- _Task data_
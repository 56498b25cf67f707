-- ===== src/Files/Inodes.antt =====
-- kernel/filesystem/estros-fs.c: the inodes on the disk. A sector holds eight of them, and a block
-- of the disk two sectors.
use bitloader.Prelude.{
  Bool-cases, arith, false, if◌then◌else◌, inl, inr, refl, true, ℕ, ◌%◌, ◌&&◌, ◌*◌, ◌+◌, ◌-◌, ◌/◌,
  ◌<◌, ◌==◌, ◌^◌, ◌∙◌, ◌≡◌,
}
use bitloader.Files.{Disk, block_size}

abbrev pub super_block_offset : ℕ
super_block_offset = 0x10000

abbrev pub inode_size : ℕ
inode_size = 64

abbrev pub block_bp_size : ℕ
block_bp_size = 0xffff_ffff / block_size / 8

abbrev pub inode_bp_size : ℕ
inode_bp_size = 8192 * inode_size / block_size / 8

pub record Inode : Type 0 where
  pub type : ℕ
  pub size : ℕ
  pub blocks : ℕ → ℕ
  pub reserved : ℕ

-- A sector of the harddrive's VFS file, as 128 words.
abbrev pub read_sector : Disk → ℕ → ℕ → ℕ
read_sector disk s w = disk (s / 2) (s % 2 * 128 + w)

abbrev pub write_sector : ℕ → (ℕ → ℕ) → Disk → Disk
write_sector s words disk b w = if b == s / 2 && w / 128 == s % 2 then words (w % 128) else disk b w

unfoldable pub inode_offset : ℕ → ℕ
inode_offset inode_number =
    let sizes = super_block_offset + block_size + block_bp_size + inode_bp_size in
    ((sizes / block_size + 1) * block_size + inode_number * inode_size) % 2 ^ 32

-- `vfs_seek` to the offset goes to the sector that it lies in.
abbrev pub inode_sector : ℕ → ℕ
inode_sector inode_number = inode_offset inode_number / 512

-- The inode's 16 words in memory.
abbrev pub inode_word : Inode → ℕ → ℕ
inode_word inode w =
    if w == 0
    then inode.type
    else if w == 1
    then inode.size
    else if w == 15
    then inode.reserved
    else inode.blocks (w - 2)

unfoldable pub write_inode : Inode → ℕ → Disk → Disk
write_inode inode inode_number disk =
    let buffer = read_sector disk (inode_sector inode_number) in
    let sub_offset = inode_number % 8 in
    let copied : ℕ → ℕ =
      λ w. if w / 16 == sub_offset then inode_word inode (w % 16) else buffer w in
    write_sector (inode_sector inode_number) copied disk

unfoldable pub fetch_inode : ℕ → Disk → Inode
fetch_inode inode_number disk =
    let word : ℕ → ℕ =
      λ w. read_sector disk (inode_sector inode_number) (inode_number % 8 * 16 + w) in
    record { type = word 0; size = word 1; blocks = λ k. word (k + 2); reserved = word 15 }

-- The inodes are the same in the words that they have.
pub record SameInode (a b : Inode) : Type 0 where
  pub type : a.type ≡ b.type
  pub size : a.size ≡ b.size
  pub blocks : (k : ℕ) → k < 13 → a.blocks k ≡ b.blocks k
  pub reserved : a.reserved ≡ b.reserved

sector_of : (n : ℕ) → n < 2 ^ 25 → inode_sector n ≡ 1156 + n / 8
unfolding inode_offset
sector_of n small = omega arith

read-write_sector :
    (s t w : ℕ) (words : ℕ → ℕ) (disk : Disk)
    → w < 128
    → read_sector (write_sector s words disk) t w
      ≡ (if t == s then words w else read_sector disk t w)
read-write_sector s t w words disk w_in =
    let row : (t % 2 * 128 + w) / 128 ≡ t % 2 = omega arith in
    let column : (t % 2 * 128 + w) % 128 ≡ w = omega arith in
    elim (Bool-cases (t == s)) [
      | inl same ↦
          let here : (t / 2 == s / 2 && t % 2 == s % 2) ≡ true = ground arith in
          rw row (rw column (rw same (rw here refl)))
      | inr other ↦
          let elsewhere : (t / 2 == s / 2 && t % 2 == s % 2) ≡ false = ground arith in
          rw row (rw column (rw other (rw elsewhere refl)))
    ]

-- A word of an inode after a write.
word_after :
    (i : Inode) (n m w : ℕ) (disk : Disk)
    → n < 2 ^ 25
    → m < 2 ^ 25
    → w < 16
    → read_sector (write_inode i n disk) (inode_sector m) (m % 8 * 16 + w)
      ≡ (if m == n then inode_word i w else read_sector disk (inode_sector m) (m % 8 * 16 + w))
unfolding write_inode
word_after i n m w disk n_in m_in w_in =
    let buffer = read_sector disk (inode_sector n) in
    let copied : ℕ → ℕ = λ w. if w / 16 == n % 8 then inode_word i (w % 16) else buffer w in
    let at_n = sector_of n n_in in
    let at_m = sector_of m m_in in
    let slot : (m % 8 * 16 + w) / 16 ≡ m % 8 = omega arith in
    let inner : (m % 8 * 16 + w) % 16 ≡ w = omega arith in
    read-write_sector (inode_sector n) (inode_sector m) (m % 8 * 16 + w) copied disk (omega arith)
    ∙ elim (Bool-cases (m == n)) [
      | inl same ↦
          let sectors : (inode_sector m == inode_sector n) ≡ true = ground arith in
          let slots : (m % 8 == n % 8) ≡ true = ground arith in
          rw same (rw sectors (rw slot (rw inner (rw slots refl))))
      | inr other ↦ elim (Bool-cases (inode_sector m == inode_sector n)) [
        | inl sectors ↦
            let slots : (m % 8 == n % 8) ≡ false = ground arith in
            let eq : inode_sector n ≡ inode_sector m = ground arith in
            rw other (rw sectors (rw slot (rw slots (rw eq refl))))
        | inr apart ↦ rw other (rw apart refl)
      ]
    ]

-- An inode that is written is the one that is fetched, and `write_inode` leaves all the others.
pub write_inode-fetch_inode :
    (i : Inode) (n m : ℕ) (disk : Disk)
    → n < 2 ^ 25
    → m < 2 ^ 25
    → SameInode (fetch_inode m (write_inode i n disk)) (if m == n then i else fetch_inode m disk)
unfolding fetch_inode
write_inode-fetch_inode i n m disk n_in m_in = elim (Bool-cases (m == n)) [
  | inl same ↦
      let word : (w : ℕ)
          → w < 16
          → read_sector (write_inode i n disk) (inode_sector m) (m % 8 * 16 + w) ≡ inode_word i w =
        λ w w_in. rw same at (word_after i n m w disk n_in m_in w_in) in
      rw same record {
        type = word 0 (omega arith);
        size = word 1 (omega arith);
        blocks = λ k k_in. word (k + 2) (omega arith) ∙ ground arith;
        reserved = word 15 (omega arith);
      }
  | inr other ↦
      let word : (w : ℕ)
          → w < 16
          → read_sector (write_inode i n disk) (inode_sector m) (m % 8 * 16 + w)
            ≡ read_sector disk (inode_sector m) (m % 8 * 16 + w) =
        λ w w_in. rw other at (word_after i n m w disk n_in m_in w_in) in
      rw other record {
        type = word 0 (omega arith);
        size = word 1 (omega arith);
        blocks = λ k k_in. word (k + 2) (omega arith);
        reserved = word 15 (omega arith);
      }
]

pub write_inode_self :
    (i : Inode) (n : ℕ) (disk : Disk)
    → n < 2 ^ 25
    → SameInode (fetch_inode n (write_inode i n disk)) i
write_inode_self i n disk n_in =
    let same : (n == n) ≡ true = ground arith in
    rw same at (write_inode-fetch_inode i n n disk n_in n_in)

- _Exercise aim_
The complete listing is to be repeated word for word.

- _Answer section_
repository 56498b25cf67f707
-- ===== src/Files/Inodes.antt =====
-- kernel/filesystem/estros-fs.c: the inodes on the disk. A sector holds eight of them, and a block
-- of the disk two sectors.
use bitloader.Prelude.{
  Bool-cases, arith, false, if◌then◌else◌, inl, inr, refl, true, ℕ, ◌%◌, ◌&&◌, ◌*◌, ◌+◌, ◌-◌, ◌/◌,
  ◌<◌, ◌==◌, ◌^◌, ◌∙◌, ◌≡◌,
}
use bitloader.Files.{Disk, block_size}

abbrev pub super_block_offset : ℕ
super_block_offset = 0x10000

abbrev pub inode_size : ℕ
inode_size = 64

abbrev pub block_bp_size : ℕ
block_bp_size = 0xffff_ffff / block_size / 8

abbrev pub inode_bp_size : ℕ
inode_bp_size = 8192 * inode_size / block_size / 8

pub record Inode : Type 0 where
  pub type : ℕ
  pub size : ℕ
  pub blocks : ℕ → ℕ
  pub reserved : ℕ

-- A sector of the harddrive's VFS file, as 128 words.
abbrev pub read_sector : Disk → ℕ → ℕ → ℕ
read_sector disk s w = disk (s / 2) (s % 2 * 128 + w)

abbrev pub write_sector : ℕ → (ℕ → ℕ) → Disk → Disk
write_sector s words disk b w = if b == s / 2 && w / 128 == s % 2 then words (w % 128) else disk b w

unfoldable pub inode_offset : ℕ → ℕ
inode_offset inode_number =
    let sizes = super_block_offset + block_size + block_bp_size + inode_bp_size in
    ((sizes / block_size + 1) * block_size + inode_number * inode_size) % 2 ^ 32

-- `vfs_seek` to the offset goes to the sector that it lies in.
abbrev pub inode_sector : ℕ → ℕ
inode_sector inode_number = inode_offset inode_number / 512

-- The inode's 16 words in memory.
abbrev pub inode_word : Inode → ℕ → ℕ
inode_word inode w =
    if w == 0
    then inode.type
    else if w == 1
    then inode.size
    else if w == 15
    then inode.reserved
    else inode.blocks (w - 2)

unfoldable pub write_inode : Inode → ℕ → Disk → Disk
write_inode inode inode_number disk =
    let buffer = read_sector disk (inode_sector inode_number) in
    let sub_offset = inode_number % 8 in
    let copied : ℕ → ℕ =
      λ w. if w / 16 == sub_offset then inode_word inode (w % 16) else buffer w in
    write_sector (inode_sector inode_number) copied disk

unfoldable pub fetch_inode : ℕ → Disk → Inode
fetch_inode inode_number disk =
    let word : ℕ → ℕ =
      λ w. read_sector disk (inode_sector inode_number) (inode_number % 8 * 16 + w) in
    record { type = word 0; size = word 1; blocks = λ k. word (k + 2); reserved = word 15 }

-- The inodes are the same in the words that they have.
pub record SameInode (a b : Inode) : Type 0 where
  pub type : a.type ≡ b.type
  pub size : a.size ≡ b.size
  pub blocks : (k : ℕ) → k < 13 → a.blocks k ≡ b.blocks k
  pub reserved : a.reserved ≡ b.reserved

sector_of : (n : ℕ) → n < 2 ^ 25 → inode_sector n ≡ 1156 + n / 8
unfolding inode_offset
sector_of n small = omega arith

read-write_sector :
    (s t w : ℕ) (words : ℕ → ℕ) (disk : Disk)
    → w < 128
    → read_sector (write_sector s words disk) t w
      ≡ (if t == s then words w else read_sector disk t w)
read-write_sector s t w words disk w_in =
    let row : (t % 2 * 128 + w) / 128 ≡ t % 2 = omega arith in
    let column : (t % 2 * 128 + w) % 128 ≡ w = omega arith in
    elim (Bool-cases (t == s)) [
      | inl same ↦
          let here : (t / 2 == s / 2 && t % 2 == s % 2) ≡ true = ground arith in
          rw row (rw column (rw same (rw here refl)))
      | inr other ↦
          let elsewhere : (t / 2 == s / 2 && t % 2 == s % 2) ≡ false = ground arith in
          rw row (rw column (rw other (rw elsewhere refl)))
    ]

-- A word of an inode after a write.
word_after :
    (i : Inode) (n m w : ℕ) (disk : Disk)
    → n < 2 ^ 25
    → m < 2 ^ 25
    → w < 16
    → read_sector (write_inode i n disk) (inode_sector m) (m % 8 * 16 + w)
      ≡ (if m == n then inode_word i w else read_sector disk (inode_sector m) (m % 8 * 16 + w))
unfolding write_inode
word_after i n m w disk n_in m_in w_in =
    let buffer = read_sector disk (inode_sector n) in
    let copied : ℕ → ℕ = λ w. if w / 16 == n % 8 then inode_word i (w % 16) else buffer w in
    let at_n = sector_of n n_in in
    let at_m = sector_of m m_in in
    let slot : (m % 8 * 16 + w) / 16 ≡ m % 8 = omega arith in
    let inner : (m % 8 * 16 + w) % 16 ≡ w = omega arith in
    read-write_sector (inode_sector n) (inode_sector m) (m % 8 * 16 + w) copied disk (omega arith)
    ∙ elim (Bool-cases (m == n)) [
      | inl same ↦
          let sectors : (inode_sector m == inode_sector n) ≡ true = ground arith in
          let slots : (m % 8 == n % 8) ≡ true = ground arith in
          rw same (rw sectors (rw slot (rw inner (rw slots refl))))
      | inr other ↦ elim (Bool-cases (inode_sector m == inode_sector n)) [
        | inl sectors ↦
            let slots : (m % 8 == n % 8) ≡ false = ground arith in
            let eq : inode_sector n ≡ inode_sector m = ground arith in
            rw other (rw sectors (rw slot (rw slots (rw eq refl))))
        | inr apart ↦ rw other (rw apart refl)
      ]
    ]

-- An inode that is written is the one that is fetched, and `write_inode` leaves all the others.
pub write_inode-fetch_inode :
    (i : Inode) (n m : ℕ) (disk : Disk)
    → n < 2 ^ 25
    → m < 2 ^ 25
    → SameInode (fetch_inode m (write_inode i n disk)) (if m == n then i else fetch_inode m disk)
unfolding fetch_inode
write_inode-fetch_inode i n m disk n_in m_in = elim (Bool-cases (m == n)) [
  | inl same ↦
      let word : (w : ℕ)
          → w < 16
          → read_sector (write_inode i n disk) (inode_sector m) (m % 8 * 16 + w) ≡ inode_word i w =
        λ w w_in. rw same at (word_after i n m w disk n_in m_in w_in) in
      rw same record {
        type = word 0 (omega arith);
        size = word 1 (omega arith);
        blocks = λ k k_in. word (k + 2) (omega arith) ∙ ground arith;
        reserved = word 15 (omega arith);
      }
  | inr other ↦
      let word : (w : ℕ)
          → w < 16
          → read_sector (write_inode i n disk) (inode_sector m) (m % 8 * 16 + w)
            ≡ read_sector disk (inode_sector m) (m % 8 * 16 + w) =
        λ w w_in. rw other at (word_after i n m w disk n_in m_in w_in) in
      rw other record {
        type = word 0 (omega arith);
        size = word 1 (omega arith);
        blocks = λ k k_in. word (k + 2) (omega arith);
        reserved = word 15 (omega arith);
      }
]

pub write_inode_self :
    (i : Inode) (n : ℕ) (disk : Disk)
    → n < 2 ^ 25
    → SameInode (fetch_inode n (write_inode i n disk)) i
write_inode_self i n disk n_in =
    let same : (n == n) ≡ true = ground arith in
    rw same at (write_inode-fetch_inode i n n disk n_in n_in)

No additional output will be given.